Examine the records and identify each line that includes the string "their". Copy those lines.

*** DATA ***

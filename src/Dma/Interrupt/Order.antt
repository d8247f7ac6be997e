-- ===== src/Dma/Interrupt/Order.antt =====
-- The channels that `fic_irq_dma` serves under each of the build options, and their flags.
use core_v_mini_mcu.Base.{
  ℕ, zero, suc, ◌+◌, ◌≤◌, ◌≡◌, refl, arith, true, leb, if◌then◌else◌, Bool-cases, inl, inr, ◌∙◌, ap,
  List, [], ◌∷◌, ℕ_discrete, eq→==, ne→==,
}
use core_v_mini_mcu.Dma.Reg
use core_v_mini_mcu.Dma.Types.{World}
use core_v_mini_mcu.Dma.Interrupt.{
  equal, high_up_to, after_serving, raised, finish, fic_loop, fic_irq_dma,
}

-- The raised channels among the `left` channels from `i` on, in ascending order.
abbrev pub raised_from : World → ℕ → ℕ → List ℕ
raised_from w zero i = []
raised_from w (suc left) i =
    if raised Reg.transaction_ifr w i
    then i ∷ raised_from w left (i + 1)
    else raised_from w left (i + 1)

raised-finish :
    (i : ℕ) (w : World) (j : ℕ)
    → raised Reg.transaction_ifr (finish i w) j ≡ raised Reg.transaction_ifr w j
raised-finish i w j = elim (ℕ_discrete j i) [
  | yes e ↦ rw (eq→== j i e) (rw e refl)
  | no ne ↦ rw (ne→== j i ne) refl
]

-- What is raised does not change while channels are served.
pub raised_from-finish :
    (i counter : ℕ) (w : World) (left j : ℕ)
    → raised_from (record (finish i w) { hp_tr_intr_counter = counter }) left j
      ≡ raised_from w left j
raised_from-finish i counter w zero j = refl
raised_from-finish i counter w (suc left) j =
    rw (raised-finish i w j, raised_from-finish i counter w left (j + 1))

fic_loop-equal : (left i : ℕ) (w : World) → (fic_loop equal left i w).1 ≡ raised_from w left i
unfolding fic_loop
fic_loop-equal zero i w = refl
fic_loop-equal (suc left) i w = elim (Bool-cases (raised Reg.transaction_ifr w i)) [
  | inl up ↦
      let later =
        fic_loop-equal left (i + 1)
          (record (finish i w) { hp_tr_intr_counter = w.hp_tr_intr_counter }) in
      rw (up, fic_loop)
        (ap (λ (l : List ℕ). i ∷ l)
          (later ∙ raised_from-finish i w.hp_tr_intr_counter w left (i + 1)))
  | inr down ↦ rw (down, fic_loop) (fic_loop-equal left (i + 1) w)
]

-- With no priorities every raised channel is served once, in ascending order.
pub fic_irq_dma-equal :
    (ch_num : ℕ) (w : World) → (fic_irq_dma equal ch_num w).1 ≡ raised_from w ch_num 0
unfolding fic_irq_dma
fic_irq_dma-equal ch_num w = fic_loop-equal ch_num 0 w

fic_loop-high :
    (index left i : ℕ) (w : World) (k : ℕ) (others : List ℕ)
    → raised_from w left i ≡ k ∷ others
    → k ≤ index
    → (fic_loop (high_up_to index) left i w).1 ≡ k ∷ []
unfolding fic_loop after_serving
fic_loop-high index zero i w k others h le = cc
fic_loop-high index (suc left) i w k others h le =
    elim (Bool-cases (raised Reg.transaction_ifr w i)) [
      | inl up ↦
          let first : i ≡ k = cc (rw up at h) in
          let high : leb i index ≡ true = ground arith in
          rw (up, fic_loop) (rw high (ap (λ (x : ℕ). x ∷ []) first))
      | inr down ↦
          rw (down, fic_loop) (fic_loop-high index left (i + 1) w k others (rw down at h) le)
    ]

-- With priorities and no limit, if the lowest raised channel is of high priority, it is the only
-- one that is served.
pub fic_irq_dma-high :
    (index ch_num : ℕ) (w : World) (k : ℕ) (others : List ℕ)
    → raised_from w ch_num 0 ≡ k ∷ others
    → k ≤ index
    → (fic_irq_dma (high_up_to index) ch_num w).1 ≡ k ∷ []
unfolding fic_irq_dma
fic_irq_dma-high index ch_num w k others h le = fic_loop-high index ch_num 0 w k others h le
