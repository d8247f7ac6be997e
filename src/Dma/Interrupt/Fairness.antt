-- ===== src/Dma/Interrupt/Fairness.antt =====
-- The interrupts of high priority under a limit on their number, over the calls of the handler.
use core_v_mini_mcu.Base.{
  ℕ, zero, suc, ◌+◌, ◌≤◌, ◌<◌, ◌≡◌, refl, arith, Bool, true, false, ◌||◌, ◌==◌, ◌^◌, ℕ_discrete,
  eq→==, ne→==, [], Bool-cases, inl, inr, ◌⊎◌, ◌∙◌, ap, List, ◌∷◌,
}
use core_v_mini_mcu.Dma.Reg
use core_v_mini_mcu.Dma.Types.{World}
use core_v_mini_mcu.Dma.Interrupt.{
  high_up_to_at_most, after_serving, raised, finish, fic_loop, fic_irq_dma,
}
use core_v_mini_mcu.Dma.Interrupt.Order.{raised_from, raised_from-finish}

-- At the limit, or past the high priorities, serving a channel does not end the handler.
after_serving-patient :
    (index limit i counter : ℕ)
    → (limit ≤ counter) ⊎ (index < i)
    → let (returns, counter') = after_serving (high_up_to_at_most index limit) i counter in
      (returns ≡ false) × ((limit ≤ counter') ⊎ (index < i + 1))
unfolding after_serving
after_serving-patient index limit i counter h = ground arith

fic_loop-patient :
    (index limit left i : ℕ) (w : World)
    → (limit ≤ w.hp_tr_intr_counter) ⊎ (index < i)
    → (fic_loop (high_up_to_at_most index limit) left i w).1 ≡ raised_from w left i
unfolding fic_loop
fic_loop-patient index limit zero i w h = refl
fic_loop-patient index limit (suc left) i w h = elim (Bool-cases (raised Reg.transaction_ifr w i)) [
  | inl up ↦
      let patient = after_serving-patient index limit i w.hp_tr_intr_counter h in
      let counter = (after_serving (high_up_to_at_most index limit) i w.hp_tr_intr_counter).1 in
      let later =
        fic_loop-patient index limit left (i + 1)
          (record (finish i w) { hp_tr_intr_counter = counter }) patient.1 in
      rw (up, fic_loop)
        (rw patient.0
          (ap (λ (l : List ℕ). i ∷ l) (later ∙ raised_from-finish i counter w left (i + 1))))
  | inr down ↦ rw (down, fic_loop) (fic_loop-patient index limit left (i + 1) w (later_index h))
]
  where
    later_index :
        (limit ≤ w.hp_tr_intr_counter) ⊎ (index < i)
        → (limit ≤ w.hp_tr_intr_counter) ⊎ (index < i + 1)
    later_index (inl a) = inl a
    later_index (inr b) = inr (omega arith)

-- A channel that ends the handler is counted, below the limit; one that does not leaves it patient.
after_serving-counts :
    (index limit i counter : ℕ)
    → limit < 2 ^ 16
    → (after_serving (high_up_to_at_most index limit) i counter).0 ≡ true
    → (counter < limit)
      × ((after_serving (high_up_to_at_most index limit) i counter).1 ≡ counter + 1)
unfolding after_serving
after_serving-counts index limit i counter fits ends = ground arith

after_serving-goes :
    (index limit i counter : ℕ)
    → (after_serving (high_up_to_at_most index limit) i counter).0 ≡ false
    → (limit ≤ counter) ⊎ (index < i)
unfolding after_serving
after_serving-goes index limit i counter goes = ground arith

-- A call serves every raised channel, in ascending order, or counts one more towards the limit.
abbrev ServesOrCounts : ℕ → World → List ℕ → World × List ℕ → Type 0
ServesOrCounts limit w all r =
    (r.1 ≡ all)
    ⊎ ((w.hp_tr_intr_counter < limit) × (r.0.hp_tr_intr_counter ≡ w.hp_tr_intr_counter + 1))

fic_loop-ServesOrCounts :
    (index limit left i : ℕ) (w : World)
    → limit < 2 ^ 16
    → ServesOrCounts limit w
        (raised_from w left i)
        (fic_loop (high_up_to_at_most index limit) left i w)
unfolding fic_loop
fic_loop-ServesOrCounts index limit zero i w fits = inl refl
fic_loop-ServesOrCounts index limit (suc left) i w fits =
    elim (Bool-cases (raised Reg.transaction_ifr w i)) [
      | inr down ↦ rw (down, fic_loop) (fic_loop-ServesOrCounts index limit left (i + 1) w fits)
      | inl up ↦
          elim (Bool-cases
            (after_serving (high_up_to_at_most index limit) i w.hp_tr_intr_counter).0) [
              | inl ends ↦
                  rw (up, fic_loop)
                    (rw ends
                      (inr (after_serving-counts index limit i w.hp_tr_intr_counter fits ends)))
              | inr goes ↦ inl (
                  fic_loop-patient index limit (suc left) i w
                    (after_serving-goes index limit i w.hp_tr_intr_counter goes))
            ]
    ]

-- Of as many calls as are left to the limit, and one, one serves every raised channel.
all_served :
    (index limit ch_num left n : ℕ) (boards : ℕ → World)
    → limit < 2 ^ 16
    → ((m : ℕ)
        → (boards (m + 1)).hp_tr_intr_counter
          ≡ (fic_irq_dma (high_up_to_at_most index limit) ch_num (boards m)).0.hp_tr_intr_counter)
    → limit ≤ (boards n).hp_tr_intr_counter + left
    → (m : ℕ) × (m ≤ n + left)
      × ((fic_irq_dma (high_up_to_at_most index limit) ch_num (boards m)).1
          ≡ raised_from (boards m) ch_num 0)
unfolding fic_irq_dma
all_served index limit ch_num zero n boards fits kept near =
    elim (fic_loop-ServesOrCounts index limit ch_num 0 (boards n) fits) [
      | inl served ↦ (n, omega arith, served)
      | inr (below, counted) ↦ absurd (omega arith)
    ]
all_served index limit ch_num (suc left) n boards fits kept near =
    elim (fic_loop-ServesOrCounts index limit ch_num 0 (boards n) fits) [
      | inl served ↦ (n, omega arith, served)
      | inr (below, counted) ↦
          let next : (boards (n + 1)).hp_tr_intr_counter ≡ (boards n).hp_tr_intr_counter + 1 =
            kept n ∙ counted in
          let (m, le, served) =
            all_served index limit ch_num left (n + 1) boards fits kept (omega arith) in
          (m, omega arith, served)
    ]

-- Whether a channel is among those served.
abbrev pub is_among : ℕ → List ℕ → Bool
is_among k [] = false
is_among k (x ∷ xs) = k == x || is_among k xs

raised-is_among :
    (w : World) (left i k : ℕ)
    → raised Reg.transaction_ifr w k ≡ true
    → i ≤ k
    → k < i + left
    → is_among k (raised_from w left i) ≡ true
raised-is_among w zero i k up ge lt = absurd (omega arith)
raised-is_among w (suc left) i k up ge lt = elim (ℕ_discrete k i) [
  | yes same ↦
      let here : raised Reg.transaction_ifr w i ≡ true = rw same at up in
      rw (here, eq→== k i same) refl
  | no other ↦
      let later = raised-is_among w left (i + 1) k up (omega (arith, other)) (omega arith) in
      elim (Bool-cases (raised Reg.transaction_ifr w i)) [
        | inl i_up ↦ rw (i_up, ne→== k i other) later
        | inr i_down ↦ rw i_down later
      ]
]

-- Let `boards` be what successive calls of the handler find: anything may change between two calls but
-- the counter of the handler. Under a limit that fits its 16 bits, a channel whose interrupt stays
-- raised is served by one of the first calls, one more than the limit at most, whatever its priority
-- and whatever channels of high priority are raised; that call serves all that are raised.
pub fic_irq_dma-no_starvation :
    (index limit ch_num k : ℕ) (boards : ℕ → World)
    → limit < 2 ^ 16
    → k < ch_num
    → ((n : ℕ)
        → (boards (n + 1)).hp_tr_intr_counter
          ≡ (fic_irq_dma (high_up_to_at_most index limit) ch_num (boards n)).0.hp_tr_intr_counter)
    → ((n : ℕ) → n ≤ limit → raised Reg.transaction_ifr (boards n) k ≡ true)
    → (n : ℕ) × (n ≤ limit)
      × (is_among k (fic_irq_dma (high_up_to_at_most index limit) ch_num (boards n)).1 ≡ true)
      × ((fic_irq_dma (high_up_to_at_most index limit) ch_num (boards n)).1
          ≡ raised_from (boards n) ch_num 0)
fic_irq_dma-no_starvation index limit ch_num k boards fits there kept stays =
    let (n, le, served) = all_served index limit ch_num limit 0 boards fits kept (omega arith) in
    let soon : n ≤ limit = omega arith in
    (
      n,
      soon,
      rw served (raised-is_among (boards n) ch_num 0 k (stays n soon) (omega arith) (omega arith)),
      served,
    )

after_serving-le :
    (index limit i counter : ℕ)
    → counter ≤ limit
    → (after_serving (high_up_to_at_most index limit) i counter).1 ≤ limit
unfolding after_serving
after_serving-le index limit i counter h = ground arith

fic_loop-le :
    (index limit left i : ℕ) (w : World)
    → w.hp_tr_intr_counter ≤ limit
    → (fic_loop (high_up_to_at_most index limit) left i w).0.hp_tr_intr_counter ≤ limit
unfolding fic_loop
fic_loop-le index limit zero i w h = h
fic_loop-le index limit (suc left) i w h =
    let kept = after_serving-le index limit i w.hp_tr_intr_counter h in
    let counter = (after_serving (high_up_to_at_most index limit) i w.hp_tr_intr_counter).1 in
    elim (Bool-cases (raised Reg.transaction_ifr w i)) [
      | inl up ↦
          elim (Bool-cases
            (after_serving (high_up_to_at_most index limit) i w.hp_tr_intr_counter).0) [
              | inl ends ↦ rw (up, fic_loop) (rw ends kept)
              | inr goes ↦
                  rw (up, fic_loop)
                    (rw goes (
                      fic_loop-le index limit left (i + 1)
                        (record (finish i w) { hp_tr_intr_counter = counter }) kept))
            ]
      | inr down ↦ rw (down, fic_loop) (fic_loop-le index limit left (i + 1) w h)
    ]

-- If the counter is at most its limit before a call of the handler, it is after the call.
pub fic_irq_dma-counter :
    (index limit ch_num : ℕ) (w : World)
    → w.hp_tr_intr_counter ≤ limit
    → (fic_irq_dma (high_up_to_at_most index limit) ch_num w).0.hp_tr_intr_counter ≤ limit
unfolding fic_irq_dma
fic_irq_dma-counter index limit ch_num w h = fic_loop-le index limit ch_num 0 w h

*** End of DATA ***

• _RESPONSE TO THIS TASK_:
-- The channels that `fic_irq_dma` serves under each of the build options, and their flags.
-- The interrupts of high priority under a limit on their number, over the calls of the handler.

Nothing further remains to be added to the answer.